### Directions for this task
Look through the records below for the line holding "ends_IsInt32 none o' s e lo hi h = cc". Write it out exactly, with each following line through the line holding "parse_port_range-IsInt32 [] lo hi h = cc".

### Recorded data
-- ===== src/PortRange/Laws.antt =====
-- What `ParsePortRange` accepts and returns.
use longhorn_instance_manage.Base.{
  ℕ, ℤ, pos, ◌≤◌, Text, ◌≡◌, refl, inl, Option, none, some, false, List, [], ◌∷◌, ◌++◌, arith,
  Error, Result, ok, err, int32, is_empty, IsInt32, int32-IsInt32, ap,
}
use longhorn_instance_manage.Strings.{split, trim_space, atoi, itoa, max_int64}
use longhorn_instance_manage.Strings.Split.{split-Lacks, split-append}
use longhorn_instance_manage.Strings.Decimal.{atoi-itoa, itoa_pos-Lacks, trim_space-itoa_pos}
use longhorn_instance_manage.PortRange.{
  both_ends, parse_ends, parse_port_range, parse_spdk_port_range,
}

-- A successful parse, with what the errors say left out.
abbrev pub succeeds : Result (ℤ × ℤ) → Option (ℤ × ℤ)
succeeds (ok r) = some r
succeeds (err e) = none

parse_ends_errors :
    (f s e f' s' e' : Error) (ws : List Text)
    → succeeds (parse_ends f s e ws) ≡ succeeds (parse_ends f' s' e' ws)
parse_ends_errors f s e f' s' e' [] = refl
parse_ends_errors f s e f' s' e' (w ∷ []) = refl
parse_ends_errors f s e f' s' e' (w ∷ v ∷ []) = ground arith
parse_ends_errors f s e f' s' e' (w ∷ v ∷ u ∷ ws) = refl

-- The two copies of `ParsePortRange` accept the same texts, with the same two ports.
pub parse_port_range_agree :
    (s : Text) → succeeds (parse_port_range s) ≡ succeeds (parse_spdk_port_range s)
unfolding parse_port_range parse_spdk_port_range split
parse_port_range_agree [] = refl
parse_port_range_agree (c ∷ s) = parse_ends_errors _ _ _ _ _ _ (split b'-' (c ∷ s))

ends_IsInt32 :
    (o o' : Option ℤ) (s e : Error) (lo hi : ℤ)
    → both_ends o o' s e ≡ ok (lo, hi)
    → IsInt32 lo × IsInt32 hi
ends_IsInt32 none o' s e lo hi h = cc
ends_IsInt32 (some a) none s e lo hi h = cc
ends_IsInt32 (some a) (some b) s e lo hi h = ground (arith, int32-IsInt32 a, int32-IsInt32 b)

parse_ends-IsInt32 :
    (f s e : Error) (ws : List Text) (lo hi : ℤ)
    → parse_ends f s e ws ≡ ok (lo, hi)
    → IsInt32 lo × IsInt32 hi
parse_ends-IsInt32 f s e [] lo hi h = cc
parse_ends-IsInt32 f s e (w ∷ []) lo hi h = cc
parse_ends-IsInt32 f s e (w ∷ v ∷ []) lo hi h =
    ends_IsInt32 (atoi (trim_space w)) (atoi (trim_space v)) s e lo hi h
parse_ends-IsInt32 f s e (w ∷ v ∷ u ∷ ws) lo hi h = cc

split-ports :
    (a b : ℕ) → split b'-' (itoa (pos a) ++ b'-' ∷ itoa (pos b)) ≡ itoa (pos a) ∷ itoa (pos b) ∷ []
split-ports a b =
    rw (split-append b'-' (itoa (pos a)) (itoa (pos b)) (itoa_pos-Lacks b'-' a (inl (omega arith))))
      (ap (λ ws. itoa (pos a) ∷ ws)
        (split-Lacks b'-' (itoa (pos b)) (itoa_pos-Lacks b'-' b (inl (omega arith)))))

-- Both ends of a range that `ParsePortRange` accepts are 32-bit integers.
pub parse_port_range-IsInt32 :
    (s : Text) (lo hi : ℤ) → parse_port_range s ≡ ok (lo, hi) → IsInt32 lo × IsInt32 hi
unfolding parse_port_range
parse_port_range-IsInt32 [] lo hi h = cc
parse_port_range-IsInt32 (c ∷ s) lo hi h = parse_ends-IsInt32 _ _ _ (split b'-' (c ∷ s)) lo hi h

is_empty-append : (s t : Text) (c : ℕ) → is_empty (s ++ c ∷ t) ≡ false
is_empty-append [] t c = refl
is_empty-append (d ∷ s) t c = refl

-- Two 64-bit numbers that are not negative, printed around a dash, are read back by
-- `ParsePortRange`, each wrapped to 32 bits: an end that does not fit is not refused.
pub parse_port_range-itoa :
    (a b : ℕ)
    → a ≤ max_int64
    → b ≤ max_int64
    → parse_port_range (itoa (pos a) ++ b'-' ∷ itoa (pos b)) ≡ ok (int32 (pos a), int32 (pos b))
unfolding parse_port_range
parse_port_range-itoa a b ha hb = rw (
  is_empty-append (itoa (pos a)) (itoa (pos b)) b'-',
  split-ports a b,
  trim_space-itoa_pos a,
  trim_space-itoa_pos b,
  atoi-itoa (pos a) (ha, omega arith),
  atoi-itoa (pos b) (hb, omega arith),
)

### Answer for the task
ends_IsInt32 none o' s e lo hi h = cc
ends_IsInt32 (some a) none s e lo hi h = cc
ends_IsInt32 (some a) (some b) s e lo hi h = ground (arith, int32-IsInt32 a, int32-IsInt32 b)

parse_ends-IsInt32 :
    (f s e : Error) (ws : List Text) (lo hi : ℤ)
    → parse_ends f s e ws ≡ ok (lo, hi)
    → IsInt32 lo × IsInt32 hi
parse_ends-IsInt32 f s e [] lo hi h = cc
parse_ends-IsInt32 f s e (w ∷ []) lo hi h = cc
parse_ends-IsInt32 f s e (w ∷ v ∷ []) lo hi h =
    ends_IsInt32 (atoi (trim_space w)) (atoi (trim_space v)) s e lo hi h
parse_ends-IsInt32 f s e (w ∷ v ∷ u ∷ ws) lo hi h = cc

split-ports :
    (a b : ℕ) → split b'-' (itoa (pos a) ++ b'-' ∷ itoa (pos b)) ≡ itoa (pos a) ∷ itoa (pos b) ∷ []
split-ports a b =
    rw (split-append b'-' (itoa (pos a)) (itoa (pos b)) (itoa_pos-Lacks b'-' a (inl (omega arith))))
      (ap (λ ws. itoa (pos a) ∷ ws)
        (split-Lacks b'-' (itoa (pos b)) (itoa_pos-Lacks b'-' b (inl (omega arith)))))

-- Both ends of a range that `ParsePortRange` accepts are 32-bit integers.
pub parse_port_range-IsInt32 :
    (s : Text) (lo hi : ℤ) → parse_port_range s ≡ ok (lo, hi) → IsInt32 lo × IsInt32 hi
unfolding parse_port_range
parse_port_range-IsInt32 [] lo hi h = cc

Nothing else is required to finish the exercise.